## Summary statistics

For summary statistics like mean and standard deviation you can use the base function `mean()`

and `sd()`

, for median and interquartile range you may use `median()`

and `IQR()`

.

But because the data is in long format you must consider its structure in order to analyse it properly.

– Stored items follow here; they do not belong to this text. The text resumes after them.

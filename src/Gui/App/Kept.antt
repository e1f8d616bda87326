-- ===== src/Gui/App/Kept.antt =====
-- crates/gui/src/app.rs: the helpers of `update` that follow the active view, and what they leave alone.
use owncloud_sync_client.Common.{
  ℕ, ◌≡◌, refl, Bool, Option, none, some, List, [], ◌∷◌, Bool-cases, inl, inr, String,
}
use owncloud_sync_client.Common.Texts
use owncloud_sync_client.SyncEngine.Types.{Uuid}
use owncloud_sync_client.Gui.Model.{SpaceInfo, FolderView, AccountView, View, App, send}
use owncloud_sync_client.Gui.App.{
  close_window, submit_root, submit_url, on_submit, on_next, Platform, send_spaces,
}

abbrev pub kept : App → List AccountView × (Bool × (Bool × Option Bool))
kept app = (app.accounts, (app.daemon_connecting, (app.daemon_running, app.tray)))

send_spaces-kept :
    (id : Uuid) (root : String) (spaces : List SpaceInfo) (app : App)
    → kept (send_spaces id root spaces app) ≡ kept app
unfolding send_spaces send
send_spaces-kept id root [] app = refl
send_spaces-kept id root (s ∷ spaces) app = send_spaces-kept id root spaces (send _ app)

pub close_window-kept :
    (id : ℕ) (tray : Option Bool) (app : App) → kept (close_window id tray app).0 ≡ kept app
close_window-kept id none app = refl
close_window-kept id (some shown) app = refl

pub submit_root-kept :
    (id : Uuid) (view : View) (app : App) → kept (submit_root id view app) ≡ kept app
unfolding send
submit_root-kept id (View.pick_root_folder account spaces (some root) error) app = refl
submit_root-kept id (View.pick_root_folder account spaces none error) app = refl
submit_root-kept id View.sync_status app = refl
submit_root-kept id (View.account_settings account) app = refl
submit_root-kept id (View.add_account url error) app = refl
submit_root-kept id (View.add_account_waiting account url) app = refl
submit_root-kept id (View.pick_spaces account spaces selected error) app = refl
submit_root-kept id View.general_settings app = refl
submit_root-kept id (View.folder_errors account folder) app = refl
submit_root-kept id View.about app = refl

module _ (P : Platform) where
  submit_url-kept :
      (url : String) (error : Option String) (app : App)
      → kept (submit_url P url error app) ≡ kept app
  submit_url-kept url error app = elim (Bool-cases (Texts.is_empty url)) [
    | inl e ↦ rw e refl
    | inr e ↦ rw e refl
  ]

  pub on_submit-kept : (view : View) (app : App) → kept (on_submit P view app) ≡ kept app
  on_submit-kept (View.add_account url error) app = submit_url-kept _ error app
  on_submit-kept View.sync_status app = refl
  on_submit-kept (View.account_settings account) app = refl
  on_submit-kept (View.add_account_waiting account url) app = refl
  on_submit-kept (View.pick_spaces account spaces selected error) app = refl
  on_submit-kept (View.pick_root_folder account spaces path error) app = refl
  on_submit-kept View.general_settings app = refl
  on_submit-kept (View.folder_errors account folder) app = refl
  on_submit-kept View.about app = refl

  pub on_next-kept :
      (id : Uuid) (folders : List FolderView) (view : View) (app : App)
      → kept (on_next P id folders view app) ≡ kept app
  on_next-kept id [] (View.pick_spaces account spaces selected error) app = refl
  on_next-kept id (f ∷ folders) (View.pick_spaces account spaces selected error) app =
      send_spaces-kept id _ _ app
  on_next-kept id [] View.sync_status app = refl
  on_next-kept id [] (View.account_settings account) app = refl
  on_next-kept id [] (View.add_account url error) app = refl
  on_next-kept id [] (View.add_account_waiting account url) app = refl
  on_next-kept id [] (View.pick_root_folder account spaces path error) app = refl
  on_next-kept id [] View.general_settings app = refl
  on_next-kept id [] (View.folder_errors account folder) app = refl
  on_next-kept id [] View.about app = refl
  on_next-kept id (f ∷ folders) View.sync_status app = refl
  on_next-kept id (f ∷ folders) (View.account_settings account) app = refl
  on_next-kept id (f ∷ folders) (View.add_account url error) app = refl
  on_next-kept id (f ∷ folders) (View.add_account_waiting account url) app = refl
  on_next-kept id (f ∷ folders) (View.pick_root_folder account spaces path error) app = refl
  on_next-kept id (f ∷ folders) View.general_settings app = refl
  on_next-kept id (f ∷ folders) (View.folder_errors account folder) app = refl
  on_next-kept id (f ∷ folders) View.about app = refl
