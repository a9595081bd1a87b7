-- ===== src/Invoice/Listing/Page.antt =====
-- What `list_invoices` shows.
use angavu_intelligence_back.Common.{
  sym, ℕ, zero, suc, ◌≤◌, ◌≡◌, refl, true, Option, some, none, List, [], ◌∷◌, map, length, String,
  str_eq_iff, ok, All, retain, retain-All, drop, leb, leb→le, Result-cases, arith, Bool-cases, inl,
  inr,
}
use angavu_intelligence_back.Invoice.{Invoice, InvoiceRow, into_invoice}
use angavu_intelligence_back.Invoice.Listing.{
  ℤ, pos, negsuc, InvoiceListParams, take, insert_newest, newest_first, listed, limit_of, offset_of,
  page, invoices, list_invoices,
}

-- None is older than one that follows.
abbrev pub IsNewestFirst {ℓ} : {A : Type ℓ} → (A → ℕ) → List A → Type 0
IsNewestFirst time [] = Unit
IsNewestFirst time (x ∷ xs) = All (λ y. time y ≤ time x) xs × IsNewestFirst time xs

module _ {A : Type 0} where
  All-map : {P Q : A → Type 0} → ((x : A) → P x → Q x) → (xs : List A) → All P xs → All Q xs
  All-map f [] h = tt
  All-map f (x ∷ xs) h = (f x h.0, All-map f xs h.1)

  All-take : (P : A → Type 0) (n : ℕ) (xs : List A) → All P xs → All P (take n xs)
  unfolding take
  All-take P zero xs h = tt
  All-take P (suc n) [] h = tt
  All-take P (suc n) (x ∷ xs) h = (h.0, All-take P n xs h.1)

  All-drop : (P : A → Type 0) (n : ℕ) (xs : List A) → All P xs → All P (drop n xs)
  unfolding drop
  All-drop P zero xs h = h
  All-drop P (suc n) [] h = tt
  All-drop P (suc n) (x ∷ xs) h = All-drop P n xs h.1

  newest_take :
      (time : A → ℕ) (n : ℕ) (xs : List A) → IsNewestFirst time xs → IsNewestFirst time (take n xs)
  unfolding take
  newest_take time zero xs h = tt
  newest_take time (suc n) [] h = tt
  newest_take time (suc n) (x ∷ xs) h =
      (All-take (λ y. time y ≤ time x) n xs h.0, newest_take time n xs h.1)

  newest_drop :
      (time : A → ℕ) (n : ℕ) (xs : List A) → IsNewestFirst time xs → IsNewestFirst time (drop n xs)
  unfolding drop
  newest_drop time zero xs h = h
  newest_drop time (suc n) [] h = tt
  newest_drop time (suc n) (x ∷ xs) h = newest_drop time n xs h.1

  length-take : (n : ℕ) (xs : List A) → length (take n xs) ≤ n
  unfolding take
  length-take zero xs = omega arith
  length-take (suc n) [] = omega arith
  length-take (suc n) (x ∷ xs) = omega (arith, length-take n xs)

insert_newest-All :
    (P : InvoiceRow → Type 0) (r : InvoiceRow) (rows : List InvoiceRow)
    → P r
    → All P rows
    → All P (insert_newest r rows)
unfolding insert_newest
insert_newest-All P r [] p h = (p, tt)
insert_newest-All P r (s ∷ rows) p h = elim (Bool-cases (leb s.created_at r.created_at)) [
  | inl e ↦ rw e (p, h)
  | inr e ↦ rw e (h.0, insert_newest-All P r rows p h.1)
]

abbrev created : InvoiceRow → ℕ
created r = r.created_at

insert_newest-IsNewestFirst :
    (r : InvoiceRow) (rows : List InvoiceRow)
    → IsNewestFirst created rows
    → IsNewestFirst created (insert_newest r rows)
unfolding insert_newest
insert_newest-IsNewestFirst r [] h = (tt, tt)
insert_newest-IsNewestFirst r (s ∷ rows) h = elim (Bool-cases (leb s.created_at r.created_at)) [
  | inl e ↦ rw e (((leb→le _ _ e), All-map (λ y le. omega (arith, le, leb→le _ _ e)) rows h.0), h)
  | inr e ↦ rw e (
    insert_newest-All (λ y. created y ≤ created s) r rows (ground arith) h.0,
    insert_newest-IsNewestFirst r rows h.1,
  )
]

newest_first-All :
    (P : InvoiceRow → Type 0) (rows : List InvoiceRow) → All P rows → All P (newest_first rows)
unfolding newest_first
newest_first-All P [] h = tt
newest_first-All P (r ∷ rows) h =
    insert_newest-All P r (newest_first rows) h.0 (newest_first-All P rows h.1)

newest_first-IsNewestFirst : (rows : List InvoiceRow) → IsNewestFirst created (newest_first rows)
unfolding newest_first
newest_first-IsNewestFirst [] = tt
newest_first-IsNewestFirst (r ∷ rows) =
    insert_newest-IsNewestFirst r (newest_first rows) (newest_first-IsNewestFirst rows)

-- What holds of the rows that are listed.
abbrev pub Shown : String → List InvoiceRow → Type 0
Shown org_id rows =
    (length rows ≤ 100) × All (λ r. r.org_id ≡ org_id) rows × IsNewestFirst created rows

listed-org :
    (org_id : String) (status : Option String) (r : InvoiceRow)
    → listed org_id status r ≡ true
    → r.org_id ≡ org_id
unfolding listed
listed-org org_id none r h = ground (arith, str_eq_iff r.org_id org_id)
listed-org org_id (some status) r h = ground (arith, str_eq_iff r.org_id org_id)

retained-org :
    (org_id : String) (status : Option String) (rows : List InvoiceRow)
    → All (λ r. r.org_id ≡ org_id) (retain (listed org_id status) rows)
retained-org org_id status rows =
    All-map (listed-org org_id status) (retain (listed org_id status) rows)
      (retain-All (listed org_id status) rows)

limit_of-le : (o : Option ℤ) (n : ℕ) → limit_of o ≡ pos n → n ≤ 100
unfolding limit_of
limit_of-le none n h = ground arith
limit_of-le (some (pos m)) n h = ground arith
limit_of-le (some (negsuc m)) n h = cc

page-Shown :
    (org_id : String) (limit offset : ℤ) (rows shown : List InvoiceRow)
    → ((n : ℕ) → limit ≡ pos n → n ≤ 100)
    → All (λ r. r.org_id ≡ org_id) rows
    → IsNewestFirst created rows
    → page limit offset rows ≡ ok shown
    → Shown org_id shown
unfolding page
page-Shown org_id (pos n) (pos m) rows shown le own sorted h =
    let same : take n (drop m rows) ≡ shown = ground arith in
    rw (sym same) (
      omega (arith, length-take n (drop m rows), le n refl),
      All-take (λ r. r.org_id ≡ org_id) n (drop m rows)
          (All-drop (λ r. r.org_id ≡ org_id) m rows own),
      newest_take created n (drop m rows) (newest_drop created m rows sorted),
    )
page-Shown org_id (pos n) (negsuc m) rows shown le own sorted h = cc
page-Shown org_id (negsuc n) offset rows shown le own sorted h = cc

-- A list of invoices, where one is returned, holds at most 100, all of the organisation that asks, and
-- none before a newer one.
pub list_invoices-Shown :
    (org_id : String) (params : InvoiceListParams) (rows : List InvoiceRow) (l : List Invoice)
    → list_invoices org_id params rows ≡ ok l
    → (shown : List InvoiceRow) × (l ≡ map into_invoice shown) × Shown org_id shown
unfolding list_invoices invoices
list_invoices-Shown org_id params rows l h =
    let found = retain (listed org_id params.status) rows in
    let limit = limit_of params.limit in
    let offset = offset_of params.offset in
    elim (Result-cases (page limit offset (newest_first found))) [
      | inl (e, refusal) ↦ absurd (ground (arith, refusal, h))
      | inr (shown, returns) ↦ (
        shown,
        ground (arith, returns, h),
        page-Shown org_id limit offset (newest_first found) shown (limit_of-le params.limit)
            (newest_first-All (λ r. r.org_id ≡ org_id) found
              (retained-org org_id params.status rows))
            (newest_first-IsNewestFirst found) returns,
      )
    ]
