-- ===== src/Invoice/Settled.antt =====
-- Invoices that are paid or void, under later operations.
use angavu_intelligence_back.Common.{
  ℕ, ◌≡◌, ◌∙◌, refl, sym, ap, subst, true, some, List, [], ◌∷◌, map, String, str_eq, str_eq_iff,
  any, inl, inr, Bool-cases, Option-cases, arith,
}
use mathlib.Core.Option
use angavu_intelligence_back.Invoice.{
  Invoice, InvoiceRow, into_invoice, get_invoice, has_id, pay, mark_invoice_paid, create_invoice,
  insert_invoice, insert_row, issued_row, generate_invoice_number, inserted,
}
use angavu_intelligence_back.Invoice.Status.Names.{settled, settled-paid}
use angavu_intelligence_back.Invoice.History.{Call, table, perform, run, refused, stored}
use angavu_intelligence_back.Invoice.Lifecycle.{
  find_row, get_invoice-find_row, find_row-map, get_invoice-some, not_issued, pay-matches, checked,
  get_invoice-process_overdue_invoices,
}

pay-settled :
    (id receipt : String) (now : ℕ) (r : InvoiceRow)
    → settled (into_invoice r).status ≡ true
    → pay id receipt now r ≡ r
unfolding pay into_invoice
pay-settled id receipt now r h = ground (arith, settled-paid r.status)

checked-settled :
    (now : ℕ) (invoice : Invoice) → settled invoice.status ≡ true → checked now invoice ≡ invoice
checked-settled now invoice h = rw (not_issued invoice.status h) refl

found_any :
    (org_id invoice_id : String) (rows : List InvoiceRow) (r : InvoiceRow)
    → find_row org_id invoice_id rows ≡ some r
    → any (has_id invoice_id) rows ≡ true
unfolding find_row any
found_any org_id invoice_id [] r h = cc
found_any org_id invoice_id (s ∷ rows) r h = ground (arith, found_any org_id invoice_id rows r)

-- An invoice that is stored has an id of its own.
find_row-insert_row :
    (org_id invoice_id : String) (rows after : List InvoiceRow) (new r : InvoiceRow)
    → find_row org_id invoice_id rows ≡ some r
    → insert_row new rows ≡ some after
    → find_row org_id invoice_id after ≡ some r
unfolding find_row
find_row-insert_row org_id invoice_id rows after new r found kept =
    elim (Bool-cases (str_eq new.id invoice_id)) [
      | inl same ↦
          let taken : any (has_id new.id) rows ≡ true =
            subst (λ x. any (has_id x) rows ≡ true) (sym ((str_eq_iff new.id invoice_id).0 same))
              (found_any org_id invoice_id rows r found) in
          absurd (ground (arith, refused new rows taken, kept))
      | inr other ↦ rw (stored new rows after kept, other) found
    ]

module _ (year_of : ℕ → List ℕ) where
  create-keeps :
      (rows : List InvoiceRow) (org_id invoice_id : String) (invoice : Invoice) (id : String)
      (now : ℕ) (org sub : String) (amount : ℕ) (text : String)
      → get_invoice org_id invoice_id rows ≡ some invoice
      → get_invoice org_id invoice_id
          (table rows (create_invoice year_of id now org sub amount text rows))
        ≡ some invoice
  unfolding create_invoice insert_invoice inserted
  create-keeps rows org_id invoice_id invoice id now org sub amount text h =
      let new = issued_row id now (generate_invoice_number year_of now rows) org sub amount text in
      let (r, found, same) = get_invoice-some rows org_id invoice_id invoice h in
      elim (Option-cases (insert_row new rows)) [
        | inl refusal ↦ rw refusal h
        | inr (after, kept) ↦ rw kept (
            get_invoice-find_row org_id invoice_id after
            ∙ (ap (Option.map into_invoice)
                  (find_row-insert_row org_id invoice_id rows after new r found kept)
                ∙ ap some same))
      ]

  perform-settled :
      (c : Call) (rows : List InvoiceRow) (org_id invoice_id : String) (invoice : Invoice)
      → settled invoice.status ≡ true
      → get_invoice org_id invoice_id rows ≡ some invoice
      → get_invoice org_id invoice_id (perform year_of c rows) ≡ some invoice
  unfolding perform mark_invoice_paid
  perform-settled (Call.create id now org sub amount text) rows org_id invoice_id invoice s h =
      create-keeps rows org_id invoice_id invoice id now org sub amount text h
  perform-settled (Call.paid id receipt now) rows org_id invoice_id invoice s h =
      let (r, found, same) = get_invoice-some rows org_id invoice_id invoice h in
      let mapped =
        find_row-map (pay id receipt now) org_id invoice_id
          (pay-matches receipt id now org_id invoice_id) rows in
      get_invoice-find_row org_id invoice_id (map (pay id receipt now) rows)
      ∙ (ap (Option.map into_invoice) (mapped ∙ ap (Option.map (pay id receipt now)) found)
          ∙ ap some (
              ap into_invoice
                (pay-settled id receipt now r (ap (λ (x : Invoice). settled x.status) same ∙ s))
              ∙ same))
  perform-settled (Call.overdue now) rows org_id invoice_id invoice s h =
      get_invoice-process_overdue_invoices rows org_id invoice_id now invoice h
      ∙ ap some (checked-settled now invoice s)

  -- An invoice that is paid or void stays as it is, whatever is done with the table afterwards.
  pub run-settled :
      (calls : List Call) (rows : List InvoiceRow) (org_id invoice_id : String) (invoice : Invoice)
      → settled invoice.status ≡ true
      → get_invoice org_id invoice_id rows ≡ some invoice
      → get_invoice org_id invoice_id (run year_of calls rows) ≡ some invoice
  unfolding run
  run-settled [] rows org_id invoice_id invoice s h = h
  run-settled (c ∷ calls) rows org_id invoice_id invoice s h =
      run-settled calls (perform year_of c rows) org_id invoice_id invoice s
        (perform-settled c rows org_id invoice_id invoice s h)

Lets explore the mean weight for each time period. For that we can use `data.table`

for ease of use (for details on data.table please see this). It is worth noting that the `data.table`

package is imported directly into the package when is loaded.

```
swimmers[, .(mean_weight = mean(weight, na.rm = TRUE)), period]
#> period mean_weight
#> 1: t-0 56.54167
#> 2: t-1 55.91154
#> 3: t-2 55.70000
#> 4: t-3 55.67500
#> 5: t-4 55.43478
```

But what if we want the mean weight between males and females for each time period? We could write it this way. For that we will use `tapply()`

(for nested operations).

```
swimmers[, tapply(weight, sex, mean, na.rm = TRUE, simplify = FALSE), period]
#> period Male Female
#> 1: t-0 56.79167 56.29167
#> 2: t-1 56.15000 55.63333
#> 3: t-2 56.00000 55.40000
#> 4: t-3 55.83333 55.51667
#> 5: t-4 54.94545 55.88333
```

But we can pass any function that we want into `tapply()`

(that returns an object of length one). Lets try create a custom function that computes the mean and standard deviation.

```
my_mean_and_sd <- function(x) {
x <- x[!is.na(x)] #remove missing values
mu <- mean(x) # get the mean of x
sigma <- sd(x) # and standard deviation from x
# We round values into 1 decimal place
mu <- round(mu, digits = 1)
sigma <- round(sigma, digits = 1)
result <- paste(mu, "±", sigma) # finally we merge both results into one string
return(result) # and get back the results
}
```

Now lets try our custom function to get the mean and standard deviation of weight between males and females for each time period.

```
swimmers[, tapply(weight, sex, my_mean_and_sd, simplify = FALSE), period]
#> period Male Female
#> 1: t-0 56.8 ± 12.1 56.3 ± 9.1
#> 2: t-1 56.1 ± 11.1 55.6 ± 9.7
#> 3: t-2 56 ± 10.8 55.4 ± 9.6
#> 4: t-3 55.8 ± 10.6 55.5 ± 9.7
#> 5: t-4 54.9 ± 11.6 55.9 ± 9.6
```

You can replace the variable `weigth`

for any of the variables available in the dataset. For details on the dataset, check the documentation.

## Plot the data

For plotting you can use your favourite library (ggplot2, lattice) or the default base-r plotting system. Lets try an example with base-r plotting system.

For this example lets plot the change of mean weight across time periods between males and females.

```
# Get variables (first bracket) and then drop missing values (second bracket)
plot_data <- swimmers[, .(sex, period, weight)][, na.omit(.SD)]
# Plot data using the mean
with(plot_data, interaction.plot(period, sex, weight, fun = mean))
```

```
# Now plot data using the median
with(plot_data, interaction.plot(period, sex, weight, fun = median))
```

Quite an interesting picture! Now lets try a boxplot of weight across time grouped by sex (sounds hard to do, but not really). Here we will use `ggplot2`

package, for details see this.

```
# install.packages("ggplot2")
library(ggplot2)
ggplot(swimmers, aes(x = period, y = weight, fill = sex)) +
geom_boxplot()
```

In just two lines of code we reproduce an awesome and informative graph!